Side-by-Side Summary
| Metric | MCP | Skill | Difference |
|---|---|---|---|
| 20-step test total | ~92,100 tokens | ~3,200 tokens | 29x cheaper |
| Context consumed | ~61% | ~2% | 59% more available |
| Context remaining | ~58K tokens | ~147K tokens | 2.5x more headroom |
| Cost at $15/M tokens (input) | ~$1.38 | ~$0.05 | 28x cheaper |
What You Do with the Saved Context
The 147K tokens saved by using skills instead of MCP can hold:
| Content | Approximate Tokens | What It Enables |
|---|---|---|
| 10 source files (~200 lines each) | ~30,000 | Agent reads and modifies code |
| Full test suite definition | ~10,000 | Agent understands all tests |
| Error analysis + debugging | ~20,000 | Agent reasons about failures |
| Conversation history | ~50,000 | Agent remembers earlier context |
| Total additional capacity | ~110,000 | A richer, more capable agent |
When Token Cost Doesn't Matter
If you're using Gemini with a 1M+ context window, the token efficiency argument is much weaker. You can afford MCP's overhead and still have plenty of context.
However:
- API cost still matters (you pay per token)
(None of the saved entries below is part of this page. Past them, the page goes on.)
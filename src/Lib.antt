-- ===== src/Lib.antt =====
-- navmesh-go is a server that gives access to devices behind NAT: a device holds a tunnel to the
-- server, and HTTP, TCP and SSH gateways forward sessions through it. Services keep the
-- administrative state in a database.
--
-- The files model these parts.
--   Base: text, maps, integers and lists as Go has them. A string is a list of code points;
--     strings.ToLower is modelled on the ASCII letters. A Go map is an association list with
--     distinct keys (Base/Map), used through its laws. An int or int64 is an unbounded integer;
--     where the code subtracts times the wrap-around is written out (sub64).
--   Sessions: services/session_registry.go, the registry of running sessions and of forced
--     closes.
--   Liveness: services/liveness_registry.go, device activity that is written to the database in
--     batches.
--   Telemetry: services/liveness_registry.go, the sampler that spaces telemetry writes.
--   Policy: services/runtime_policy.go, the limits on sessions and on the rate of a source.
--   Domain: domains/, the rows of the database, with the fields that the models use.
--   Upgrade: services/device_upgrade_service.go, upgrades of the software on devices. Report is
--     what a device reports, Batch is CreateBatch with the choice of the devices in Plan,
--     Platform and Version, Offer is CreateTask, Candidates and PendingCommand, and Summary is
--     summarizeUpgradeBatch. A query is an argument that stands for its answer; where Go may
--     visit a map in any order, the order is an argument.
--   Routes: httpgateway/route_store.go and normalizeHost of httpgateway/lookup.go, the table
--     from hosts to devices, with Reload and the goroutine that runs it until its context is
--     cancelled.
--   Access: services/access_policy_service.go, the policies that forbid protocols. The condition
--     of a query is a predicate on rows.
--   Tunnel: tunnel/manager.go, the connections of the devices that are online, which of them are
--     closed, and which are handed to a stream (Tunnel/Streams).
--   Pagination: ParsePage of services/index.go.
--   Tunnel/Frame: the frames of tunnel/protocol.go and their reading in tunnel/server.go.
--   Tunnel/Server: the connections of tunnel/server.go, which reads frames by Tunnel/Frame and
--     registers devices with Tunnel.
--   AccessLog: httpgateway/log.go, the log of HTTP accesses that a goroutine writes in batches.
--   Client/Download: the download of an upgrade in cmd/navmesh-client/main.go. It makes at most
--     six attempts, which is the fuel of its loop.
--   Client/Backoff: the wait before the client connects again, in the same file.
--   Config: the tree of YAML nodes in utils/config.go, with the defaults, the secrets and the
--     paths that it is given. A change through a pointer is a new tree.
--   TcpMappings: services/tcp_mapping_service.go, the TCP mappings, whose table is a map from
--     guids to rows, and the choice of their public ports.
--   Traffic: services/device_traffic_service.go, the counters of the heartbeats and the traffic
--     of each day.
--   Messages: the lists of types and devices of a recipient in services/message_service.go.
--
-- A method under a mutex is one step on the state of its object, and a history is a list of calls
-- with their times. The clock is an argument. Receivers are not nil. The database library (gorm)
-- is a parameter: a query is an argument that stands for its answer, and what a theorem relies on
-- is one of its hypotheses (for the transaction of Liveness a record of laws), which the tests
-- meet. In TcpMappings and Traffic a table is a map or a list of rows, and each call that can fail
-- has a Boolean for it. A loop is a recursion on a list or on the number of rounds that are left,
-- which is what the code counts, so no loop runs out of fuel.
--
-- Not modelled: the handlers of requests, the proxying and copying of bytes, SMTP, SSH and QUIC,
-- and the files and processes of the client, which are input and output; queries that only list
-- rows; and the declarations of tables that no model reads. The other services and the loop of the
-- client's reconnections are left out.
pub mod Base
pub mod Domain
pub mod Sessions
pub mod Liveness
pub mod Telemetry
pub mod Policy
pub mod Upgrade
pub mod Routes
pub mod Access
pub mod Tunnel
pub mod Pagination
pub mod AccessLog
pub mod Client
pub mod Config
pub mod TcpMappings
pub mod Traffic
pub mod Messages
- Latency scales with tokens (more tokens = slower responses)
- Quality can degrade with very long contexts (attention dilution)
So even with large windows, keeping things lean is still beneficial.
Interview Talking Point
"I've done the math on token costs. A 20-step test via MCP consumes about 92,000 tokens — 61% of a 200K context window — primarily from tool schemas loaded every turn and accessibility trees. The same test via CLI skill costs about 3,200 tokens — 2% of the window. That's a 29x reduction. More importantly, it means the agent has 147K tokens available for reasoning about test logic, analyzing failures, and maintaining context across the session. At $15 per million input tokens, each test run costs $1.38 via MCP versus $0.05 via skills. Across hundreds of CI runs per day, that's the difference between a viable approach and an unsustainable one."